Excerpts from a dataset:
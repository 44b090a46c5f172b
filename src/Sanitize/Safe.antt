-- ===== src/Sanitize/Safe.antt =====
-- That sanitized text holds no control character that a terminal acts on.
use tools_installer.Base.{
  ℕ, ◌≤◌, ◌≡◌, ◌≢◌, refl, ap, arith, true, ◌⊎◌, inl, inr, List, [], ◌∷◌, All, Bool-cases, leb, eqb,
  ◌++◌,
}
use tools_installer.Sanitize.{is_shown, sanitize_log_line}

-- Neither DEL nor below the space, but for tab and newline.
abbrev pub IsSafe : ℕ → Type 0
IsSafe c = (c ≢ 127) × ((32 ≤ c) ⊎ (c ≡ 9) ⊎ (c ≡ 10))

is_shown-IsSafe : (c : ℕ) → is_shown c ≡ true → IsSafe c
unfolding is_shown
is_shown-IsSafe c h = (
  λ del. ground (arith, del),
  elim (Bool-cases (leb 32 c)) [
    | inl printable ↦ inl (ground arith)
    | inr control ↦ elim (Bool-cases (eqb c 9)) [
      | inl tab ↦ inr (inl (ground arith))
      | inr other ↦ inr (inr (ground arith))
    ]
  ],
)

is_shown_of : (c : ℕ) → IsSafe c → is_shown c ≡ true
unfolding is_shown
is_shown_of c h = ground (arith, h.0, h.1)

sanitize-All : (text : List ℕ) → All IsSafe (sanitize_log_line text)
unfolding sanitize_log_line
sanitize-All [] = tt
sanitize-All (c ∷ text) = elim (Bool-cases (is_shown c)) [
  | inl holds ↦ rw holds (is_shown-IsSafe c holds, sanitize-All text)
  | inr fails ↦ rw fails (sanitize-All text)
]

sanitize_same : (text : List ℕ) → All IsSafe text → sanitize_log_line text ≡ text
unfolding sanitize_log_line
sanitize_same [] h = refl
sanitize_same (c ∷ text) h =
    rw (is_shown_of c h.0) (ap (λ (l : List ℕ). c ∷ l) (sanitize_same text h.1))

sanitize-append :
    (text more : List ℕ)
    → sanitize_log_line (text ++ more) ≡ sanitize_log_line text ++ sanitize_log_line more
unfolding sanitize_log_line
sanitize-append [] more = refl
sanitize-append (c ∷ text) more = elim (Bool-cases (is_shown c)) [
  | inl holds ↦ rw holds (ap (λ (l : List ℕ). c ∷ l) (sanitize-append text more))
  | inr fails ↦ rw fails (sanitize-append text more)
]

-- Sanitized text holds no DEL and nothing below the space but tabs and newlines; text that holds
-- none to begin with comes back as it was; and it makes no difference in which pieces a text is
-- sanitized.
pub sanitize_log_line-IsSafe :
    (text more : List ℕ)
    → All IsSafe (sanitize_log_line text)
      × (All IsSafe text → sanitize_log_line text ≡ text)
      × (sanitize_log_line (text ++ more) ≡ sanitize_log_line text ++ sanitize_log_line more)
sanitize_log_line-IsSafe text more =
    (sanitize-All text, sanitize_same text, sanitize-append text more)
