-- ===== src/Sanitize/Tests.antt =====
-- Runs of `sanitize_log_line`, and the theorem at an input with an escape sequence.
use tools_installer.Base.{ℕ, ◌≡◌, refl, List, [], ◌∷◌, ◌++◌, All, codes}
use tools_installer.Sanitize.{sanitize_log_line}
use tools_installer.Sanitize.Safe.{IsSafe, sanitize_log_line-IsSafe}

abbrev escape : List ℕ
escape = 27 ∷ codes "[2Jdone" ++ 127 ∷ 10 ∷ []

escape_removed : sanitize_log_line escape ≡ codes "[2Jdone" ++ 10 ∷ []
unfolding sanitize_log_line
escape_removed = refl

sanitize_log_line-IsSafe_example :
    All IsSafe (sanitize_log_line escape)
    × (All IsSafe escape → sanitize_log_line escape ≡ escape)
    × (sanitize_log_line (escape ++ codes "ok")
        ≡ sanitize_log_line escape ++ sanitize_log_line (codes "ok"))
sanitize_log_line-IsSafe_example = sanitize_log_line-IsSafe escape (codes "ok")
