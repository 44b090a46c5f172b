-- ===== src/Session/Engine/Rows.antt =====
-- What one row of `execute_plan` does to the state: its own outcome, the update service's latch
-- released, no tool taken back from the unresolved.
use tools_installer.Base.{
  String, Bool, true, false, Option, none, some, List, [], ◌∷◌, ◌||◌, contains, contains-cons_self,
  Subset, Subset-cons, ◌≡◌, refl, arith, Bool-cases, inl, inr, get, not, ◌∙◌,
}
use tools_installer.Model.{Tool}
use tools_installer.Session.{
  InstallStatus, checksum_mismatch, Disposition, update, manual, RowResult, r_not_attempted,
  r_crashed, ConfigStep, ManagerOwnership, InstallOutcome, UpdateStatus, UpdateOutcome, PlanRow,
  RowOutcome, install_result,
}
use tools_installer.Session.Effect.{Except, returned, raised, next, Ends}
use tools_installer.Session.Engine.{
  ChecksumPolicy, fail, continue, MismatchChoice, retry, skip_tool, fallback, RunContext, State,
  loses, blockers, installs, on_world, begin, finish, with_force, after_mismatch, ask_mismatch,
  install_or_block, settle_install, settle_update, guarded, update_begun, run_steps, started,
  looked_up, dispatch, attempt, noted, is_empty, update_result, begin_from, mismatch_answer,
  update_by, after_step, other,
}

-- What the rows after this one see: the row's tool is not on the machine.
abbrev pub loses_row : Disposition → InstallStatus → Bool
loses_row manual status = true
loses_row d status = loses d status

abbrev pub lost : RowOutcome → Bool
lost o = elim o.install [ none ↦ false | some result ↦ loses_row o.row.disposition result.status ]

-- Every tool of the catalog stands under its id.
abbrev pub Keyed : List (String × Tool) → Type 0
Keyed catalog = (key : String) (tool : Tool) → get key catalog ≡ some tool → tool.id ≡ key

abbrev pub Kept : {W : Type 0} → State W → State W → Type 0
Kept s s' =
    (s'.halted ≡ s.halted)
    × (s.in_flight ≡ none → s'.in_flight ≡ none)
    × Subset s.unresolved s'.unresolved

-- The results of a row that the run did not get through: nothing is run after it.
abbrev pub stopped : RowResult → Bool
stopped r_crashed = true
stopped r_not_attempted = true
stopped _ = false

install_result-runs : (status : InstallStatus) → stopped (install_result status) ≡ false
install_result-runs status = ground arith

update_result-runs : (status : UpdateStatus) → stopped (update_result status) ≡ false
update_result-runs status = ground arith

-- The outcome is the row's own, and the tool that it loses is among the unresolved.
abbrev pub Owns : {W : Type 0} → PlanRow → RowOutcome → State W → Type 0
Owns row o s =
    (o.row ≡ row)
    × (stopped o.result ≡ false)
    × (lost o ≡ true → contains row.tool_id s.unresolved ≡ true)

module _ {W : Type 0} where
  pub Kept-refl : (s : State W) → Kept s s
  Kept-refl s = (refl, λ h. h, λ x h. h)

  pub Kept-trans : (s t u : State W) → Kept s t → Kept t u → Kept s u
  Kept-trans s t u h k = (k.0 ∙ h.0, λ f. k.1 (h.1 f), λ x i. k.2 x (h.2 x i))

  -- An operation that ends so, whatever it returns.
  ending :
      {A : Type 0} (s t : State W) (r : Except A) → Kept s t → Ends (Kept s) (λ _ _. Unit) (t, r)
  ending s t (returned a) k = (k, tt)
  ending s t (raised e) k = k

  -- One operation after another.
  pub after_kept :
      {A B : Type 0} (Q : A → State W → Type 0) (R : B → State W → Type 0) (s : State W)
      (m : State W × Except A) (f : A → State W → State W × Except B)
      → Ends (Kept s) Q m
      → ((a : A) (t : State W) → Kept s t → Q a t → Ends (Kept t) R (f a t))
      → Ends (Kept s) R (next m f)
  after_kept Q R s (t, returned a) f h k = widen (f a t) (k a t h.0 h.1)
    where
      widen : (n : State W × Except _) → Ends (Kept t) R n → Ends (Kept s) R n
      widen (u, returned b) e = (Kept-trans s t u h.0 e.0, e.1)
      widen (u, raised e) k' = Kept-trans s t u h.0 k'
  after_kept Q R s (t, raised e) f h k = h

  pub after :
      {A B : Type 0} (Q : A → State W → Type 0) (R : B → State W → Type 0) (s : State W)
      (m : State W × Except A) (f : A → State W → State W × Except B)
      → Ends (Kept s) Q m
      → ((a : A) (t : State W) → Q a t → Ends (Kept t) R (f a t))
      → Ends (Kept s) R (next m f)
  after Q R s m f h k = after_kept Q R s m f h (λ a t _. k a t)

module _ {W : Type 0} (ctx : RunContext W) (forced : List String) where
  on_world-Kept :
      {A : Type 0} (f : W → W × Except A) (s : State W)
      → Ends (Kept s) (λ _ _. Unit) (on_world ctx forced f s)
  unfolding on_world
  on_world-Kept f s = ending s (record s { world = (f s.world).0 }) ((f s.world).1) (Kept-refl s)

  with_force-Kept :
      (tool : Tool) (policy : ChecksumPolicy) (s : State W)
      → Ends (Kept s) (λ _ _. Unit) (with_force ctx forced tool policy s)
  unfolding with_force
  with_force-Kept tool policy s =
      on_world-Kept (ctx.install tool policy (contains tool.id forced)) s

  after_mismatch-Kept :
      (tool : Tool) (result : InstallOutcome) (choice : MismatchChoice) (s : State W)
      → Ends (Kept s) (λ _ _. Unit) (after_mismatch ctx forced tool result choice s)
  unfolding after_mismatch
  after_mismatch-Kept tool result retry s = with_force-Kept tool fail s
  after_mismatch-Kept tool result fallback s = with_force-Kept tool continue s
  after_mismatch-Kept tool result skip_tool s = (Kept-refl s, tt)

  mismatch_answer-Kept :
      (ask : Option (String → W → W × Except MismatchChoice)) (status : InstallStatus) (tool : Tool)
      (result : InstallOutcome) (s : State W)
      → Ends (Kept s) (λ _ _. Unit) (mismatch_answer ctx forced ask status tool result s)
  unfolding mismatch_answer
  mismatch_answer-Kept (some ask) checksum_mismatch tool result s =
      after (λ _ _. Unit) (λ _ _. Unit) s _ _ (on_world-Kept (ask tool.id) s)
        (λ choice t _. after_mismatch-Kept tool result choice t)
  mismatch_answer-Kept (some ask) _ tool result s = (Kept-refl s, tt)
  mismatch_answer-Kept none _ tool result s = (Kept-refl s, tt)

  ask_mismatch-Kept :
      (tool : Tool) (result : InstallOutcome) (s : State W)
      → Ends (Kept s) (λ _ _. Unit) (ask_mismatch ctx forced tool result s)
  unfolding ask_mismatch
  ask_mismatch-Kept tool result s = mismatch_answer-Kept ctx.on_mismatch result.status tool result s

  install_or_block-Kept :
      (tool : Tool) (blocked_by : List String) (s : State W)
      → Ends (Kept s) (λ _ _. Unit) (install_or_block ctx forced tool blocked_by s)
  unfolding install_or_block
  install_or_block-Kept tool [] s =
      after (λ _ _. Unit) (λ _ _. Unit) s _ _ (with_force-Kept tool fail s)
        (λ result t _. ask_mismatch-Kept tool result t)
  install_or_block-Kept tool (b ∷ bs) s = (Kept-refl s, tt)

  settle_install-Owns :
      (row : PlanRow) (tool : Tool) (result : InstallOutcome) (s : State W)
      → tool.id ≡ row.tool_id
      → loses_row row.disposition result.status ≡ loses row.disposition result.status
      → Ends (Kept s) (Owns row) (settle_install ctx forced row tool result s)
  unfolding settle_install
  settle_install-Owns row tool result s own same =
      elim (Bool-cases (loses row.disposition result.status)) [
        | inl holds ↦ rw holds (
          (refl, λ h. h, Subset-cons tool.id s.unresolved),
          (
            refl,
            install_result-runs result.status,
            λ _. rw own (contains-cons_self row.tool_id s.unresolved),
          ),
        )
        | inr fails ↦
            rw fails
              (Kept-refl s, (refl, install_result-runs result.status, λ h. ground (arith, same)))
      ]

  -- Whatever the update does, the latch is released.
  released-Owns :
      (row : PlanRow) (s : State W) (w : W) (r : Except UpdateOutcome)
      → Ends (Kept s) (Owns row) (
          next
            (guarded ctx forced (record s { in_flight = some row.tool_id; world = w }, r))
            (settle_update ctx forced row))
  unfolding guarded finish settle_update
  released-Owns row s w (returned u) =
      ((refl, λ h. refl, λ x h. h), (refl, update_result-runs u.status, λ h. ground arith))
  released-Owns row s w (raised e) = (refl, λ h. refl, λ x h. h)

  update_begun-Kept :
      (row : PlanRow) (f : W → W × Except UpdateOutcome) (s : State W) (latch : Option String)
      → Ends (Kept s) (Owns row) (
          update_begun ctx forced row
            (on_world ctx forced f)
            (begin_from ctx forced latch row.tool_id s))
  unfolding update_begun begin_from on_world
  update_begun-Kept row f s (some id) = (Kept-refl s, (refl, refl, λ h. ground arith))
  update_begun-Kept row f s none = released-Owns row s ((f s.world).0) ((f s.world).1)

  update_by-Owns :
      (run : Option (Tool → ManagerOwnership → W → W × Except UpdateOutcome))
      (ownership : Option ManagerOwnership) (row : PlanRow) (tool : Tool) (s : State W)
      → Ends (Kept s) (Owns row) (update_by ctx forced run ownership row tool s)
  unfolding update_by begin
  update_by-Owns none _ row tool s = (Kept-refl s, (refl, refl, λ h. ground arith))
  update_by-Owns (some run) none row tool s = (Kept-refl s, (refl, refl, λ h. ground arith))
  update_by-Owns (some run) (some ownership) row tool s =
      update_begun-Kept row (run tool ownership) s s.in_flight

  after_step-Owns :
      (row : PlanRow) (step : ConfigStep) (why : Option String)
      (rest : State W → State W × Except RowOutcome) (s : State W)
      → Ends (Kept s) (Owns row) (rest s)
      → Ends (Kept s) (Owns row) (after_step ctx forced row step why rest s)
  unfolding after_step
  after_step-Owns row step (some why) rest s h = (Kept-refl s, (refl, refl, λ l. ground arith))
  after_step-Owns row step none rest s h = h

  run_steps-Owns :
      (row : PlanRow) (tool : Tool) (steps : List ConfigStep) (warnings : List String) (s : State W)
      → Ends (Kept s) (Owns row) (run_steps ctx forced row tool steps warnings s)
  unfolding run_steps
  run_steps-Owns row tool [] warnings s = (Kept-refl s, (refl, refl, λ h. ground arith))
  run_steps-Owns row tool (step ∷ steps) warnings s =
      after (λ _ _. Unit) (Owns row) s _ _ (on_world-Kept (ctx.run_step step tool) s)
        (λ result t _.
          after_step-Owns row step result.failed _ t
            (run_steps-Owns row tool steps (noted result.warning warnings) t))

  pub started-Kept :
      (notify : Option (PlanRow → W → W × Except (Unit {0}))) (row : PlanRow) (s : State W)
      → Ends (Kept s) (λ _ _. Unit) (started ctx forced notify row s)
  unfolding started
  started-Kept none row s = (Kept-refl s, tt)
  started-Kept (some notify) row s = on_world-Kept (notify row) s

  pub looked_up-Kept :
      (found : Option Tool) (row : PlanRow) (s : State W)
      → Ends (Kept s) (λ tool _. found ≡ some tool) (looked_up ctx forced found row s)
  unfolding looked_up
  looked_up-Kept none row s = Kept-refl s
  looked_up-Kept (some tool) row s = (Kept-refl s, refl)

  other-Owns :
      (d : Disposition) (row : PlanRow) (tool : Tool) (s : State W)
      → Ends (Kept s) (Owns row) (other ctx forced d row tool s)
  unfolding other
  other-Owns update row tool s = update_by-Owns ctx.run_update row.ownership row tool s
  other-Owns _ row tool s = run_steps-Owns row tool row.steps [] s

  dispatch-Owns :
      (row : PlanRow) (tool : Tool) (s : State W)
      → tool.id ≡ row.tool_id
      → ((status : InstallStatus) → loses_row row.disposition status ≡ loses row.disposition status)
      → Ends (Kept s) (Owns row) (dispatch ctx forced row tool s)
  unfolding dispatch
  dispatch-Owns row tool s own same =
      elim (Bool-cases (not (is_empty (blockers tool s.unresolved)) || installs row.disposition)) [
        | inl holds ↦ rw holds (
            after (λ _ _. Unit) (Owns row) s _ _
              (install_or_block-Kept tool (blockers tool s.unresolved) s)
              (λ result t _. settle_install-Owns row tool result t own (same result.status)))
        | inr fails ↦ rw fails (other-Owns row.disposition row tool s)
      ]

  pub attempt-Owns :
      (row : PlanRow) (s : State W)
      → Keyed ctx.catalog
      → ((status : InstallStatus) → loses_row row.disposition status ≡ loses row.disposition status)
      → Ends (Kept s) (Owns row) (attempt ctx forced row s)
  unfolding attempt
  attempt-Owns row s keyed same =
      after (λ tool _. get row.tool_id ctx.catalog ≡ some tool) (Owns row) s _ _
        (after (λ _ _. Unit) (λ tool _. get row.tool_id ctx.catalog ≡ some tool) s _ _
          (started-Kept ctx.on_row_started row s)
          (λ _ t _. looked_up-Kept (get row.tool_id ctx.catalog) row t))
        (λ tool t found. dispatch-Owns row tool t (keyed row.tool_id tool found) same)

■ EXERCISE OBJECTIVE: Using the entries above, return each line in which the word "abbrev" occurs.

■ RESULT OF THIS TASK:
abbrev pub IsSafe : ℕ → Type 0
abbrev escape : List ℕ
abbrev pub loses_row : Disposition → InstallStatus → Bool
abbrev pub lost : RowOutcome → Bool
abbrev pub Keyed : List (String × Tool) → Type 0
abbrev pub Kept : {W : Type 0} → State W → State W → Type 0
abbrev pub stopped : RowResult → Bool
abbrev pub Owns : {W : Type 0} → PlanRow → RowOutcome → State W → Type 0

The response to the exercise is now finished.